Whiting, G. L.; Schwartz, D. E.; Ng, T.; Krivacic, B.; Tuganov, A. V.; Veres, J. Hybrid Printed Electronic Systems. Spring 2014 Meeting of the Materials Research Society.; San Francisco, CA USA. Date of Talk: 4/21/2013


Printed, flexible sensor systems are promising for smart labels and wearable electronics. In certain high performance applications complex computational functionalities are desirable, such as signal processing and high speed wireless communication, which are readily available in conventional silicon devices. In order to combine the benefits of flexible, distributed sensors and the high performance of silicon electronics we have developed a hybrid fabrication platform that allows for organic/printed electronics alongside pre-formed microelectronic devices using digital fabrication. This approach allows for high performance sense-and-transmit systems to be developed incorporating organic devices with little change in mechanical flexibility due to the use of small, low profile integrated circuits. This report describes a hybrid sensing platform which reads in data from multiple printed sensors based either on organic or nanoparticle semiconductors (resistive light and heat sensors in this case), processes that information at high resolution and transmits it wirelessly to a separate reading device. Starting with a flexible PEN substrate, printed components are used for sensing, multiplexing, interconnection, the antenna and ancillary passive elements, with low-profile microelectronic devices used for analogue-to-digital conversion, processing and wireless transmission. As the microelectronic components are driven at a potential less than 5 V it is desirable for all other elements to operate at the same voltage.
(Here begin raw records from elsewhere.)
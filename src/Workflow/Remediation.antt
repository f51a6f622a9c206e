-- ===== src/Workflow/Remediation.antt =====
-- orchestration.py: the evidence that remediation asks for.
use mathlib.Core.List.{reverse}
use the_pass.Prelude.{
  String, Bool, true, false, not, ◌&&◌, ◌||◌, Option, none, some, List, [], ◌∷◌, str_eq, is_nil,
  any_of, select, find_first, if◌then◌else◌,
}
use the_pass.Prelude.Result.{Result, ok, raise, ◌>>=◌, ◌>>◌, raise_if}
use the_pass.Json.{
  Value, text, object, Fields, get, is_text, is_true, text_or_empty, list_of, as_object, value_eq,
}
use the_pass.Ledger.Issues.{unreadable_document}
use the_pass.Ledger.Entries.{is_v2, is_kind, read_ledger_entries}
use the_pass.Ledger.Semantics.{is_run_at, verify_ledger_file}
use the_pass.Workflow.Errors.{
  WorkflowError, no_confirmed_finding, no_recorded_package, finding_outside_package, not_exact_run,
  no_failed_decision, finding_not_fingerprinted, reviewer_differs, finding_unbound,
  successor_required, successor_same, successor_unrecorded, ledger_invalid, ledger,
}
use the_pass.Workflow.State.{World, State}
use the_pass.Workflow.Evidence.{of_ledger}

-- A validated artifact with a confirmed blocking finding.
pub record Finding : Type 0 where
  pub path : String
  pub artifact_type : String
  pub document : Fields

abbrev is_confirmed : Value → Bool
is_confirmed (object f) = is_text "confirmed" (get "status" f) && is_true (get "blocks_promotion" f)
is_confirmed _ = false

-- `document.get("target_gate")` of findings, `document.get("target")` of an audit report.
abbrev target_of : String → Fields → Value
target_of artifact_type d =
    if str_eq artifact_type "findings" then get "target_gate" d else get "target" d

abbrev targets : Option String → Value → Bool
targets none v = true
targets (some gate) v = is_text gate v

abbrev pub has_confirmed : Fields → Bool
has_confirmed d = any_of is_confirmed (list_of (get "findings" d))

-- One round of the two loops of `_confirmed_finding_artifact`.
inspect : World → Option String → String → String → Result WorkflowError (Option Finding)
inspect w gate path artifact_type = elim (w.host.validate_artifact path artifact_type) [
  | false ↦ ok none
  | true ↦ elim (w.host.load_document path) [
    | none ↦ raise (ledger unreadable_document)
    | some v ↦ elim (as_object v) [
      | none ↦ ok none
      | some d ↦ ok (
          if targets gate (target_of artifact_type d) && has_confirmed d
          then some (record { path = path; artifact_type = artifact_type; document = d })
          else none)
    ]
  ]
]

unfoldable pub confirmed_finding_artifact :
    World → Option String → List String → Result WorkflowError Finding
unfolding inspect
confirmed_finding_artifact w gate [] = raise no_confirmed_finding
confirmed_finding_artifact w gate (value ∷ values) =
    inspect w gate (w.resolve value) "findings" >>= λ a. elim a [
      | some f ↦ ok f
      | none ↦ inspect w gate (w.resolve value) "audit_report" >>= λ b. elim b [
        | some f ↦ ok f
        | none ↦ confirmed_finding_artifact w gate values
      ]
    ]

-- A recorded decision that did not pass the gate for the package.
abbrev is_failed_decision : World → String → String → String → String → Fields → Bool
is_failed_decision w ledger_path id gate path e =
    is_v2 e
    && is_kind "gate_decision" e
    && is_text id (get "package_id" e)
    && is_text gate (get "gate" e)
    && (is_text "blocked" (get "gate_result" e) || is_text "revise" (get "gate_result" e))
    && str_eq (w.host.beside ledger_path (text_or_empty (get "package_path" e))) path

abbrev is_row_of : String → String → Value → Bool
is_row_of artifact_type path (object a) =
    is_text artifact_type (get "type" a) && is_text path (get "path" a)
is_row_of artifact_type path _ = false

-- `len(evidence) == 1 and evidence[0].get("sha256") == digest`
abbrev is_one_row : String → List Value → Bool
is_one_row digest (object a ∷ []) = is_text digest (get "sha256" a)
is_one_row digest _ = false

-- The finding names the package that it is about.
abbrev is_bound : String → Finding → Bool
is_bound id f =
    if str_eq f.artifact_type "findings"
    then is_text "." (get "package" f.document) || is_text id (get "package" f.document)
    else is_text id (get "package_id" f.document)

abbrev require_some {ℓ} : {A : Type ℓ} → Option A → WorkflowError → Result WorkflowError A
require_some none e = raise e
require_some (some a) e = ok a

-- The entries of a ledger that has to verify.
valid_entries : World → String → Result WorkflowError (List Fields)
valid_entries w path = do
  issues ← of_ledger (verify_ledger_file w.host path)
  raise_if (not (is_nil issues)) ledger_invalid
  of_ledger (read_ledger_entries w.host path)

unfoldable pub verify_target_remediation_entry :
    World → State → List String → Result WorkflowError (Unit {0})
unfolding valid_entries
verify_target_remediation_entry w s evidence_paths = do
  stored ← require_some s.package_path no_recorded_package
  id ← require_some s.package_id no_recorded_package
  let path = w.resolve stored
  finding ← confirmed_finding_artifact w (some s.target_gate) evidence_paths
  relative ← require_some (w.host.relative_to path finding.path) finding_outside_package
  let ledger_path = w.resolve s.ledger_path
  entries ← valid_entries w ledger_path
  raise_if (not (any_of (is_run_at w.host ledger_path (text id) path) entries)) not_exact_run
  decision ←
      require_some
        (find_first (is_failed_decision w ledger_path id s.target_gate path) (reverse entries))
        no_failed_decision
  let rows = select (is_row_of finding.artifact_type relative) (list_of (get "artifacts" decision))
  raise_if (not (is_one_row (w.host.sha256_file finding.path) rows)) finding_not_fingerprinted
  raise_if (not (value_eq (get "reviewer" finding.document) (get "reviewer" decision)))
      reviewer_differs
  raise_if (not (is_bound id finding)) finding_unbound

-- The successor package has to be recorded as a child of the current one.
unfoldable pub verify_remediation_progress :
    World → State → Option String → Option String → Result WorkflowError (Unit {0})
unfolding valid_entries
verify_remediation_progress w s package_path package_id = do
  stored ← require_some package_path successor_required
  id ← require_some package_id successor_required
  predecessor ← require_some s.package_id successor_same
  raise_if (str_eq id predecessor) successor_same
  let ledger_path = w.resolve s.ledger_path
  entries ← valid_entries w ledger_path
  successor ←
      require_some (find_first (is_run_at w.host ledger_path (text id) (w.resolve stored)) entries)
        successor_unrecorded
  raise_if (not (is_text predecessor (get "supersedes_package_id" successor))) successor_unrecorded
For example, for multiplexing of multiple sensor signals, we have developed complementary printed field-effect transistors based on organic semiconductors using a high-k composite dielectric. These devices can be operated at low-voltage (complementary inverters show gain > 1 at a 2 V input). Other relevant issues that will be discussed include impedance matching between the sensors and circuits, robust printed interconnection of the chips, interface electronics between printed and discrete components, and power constraints.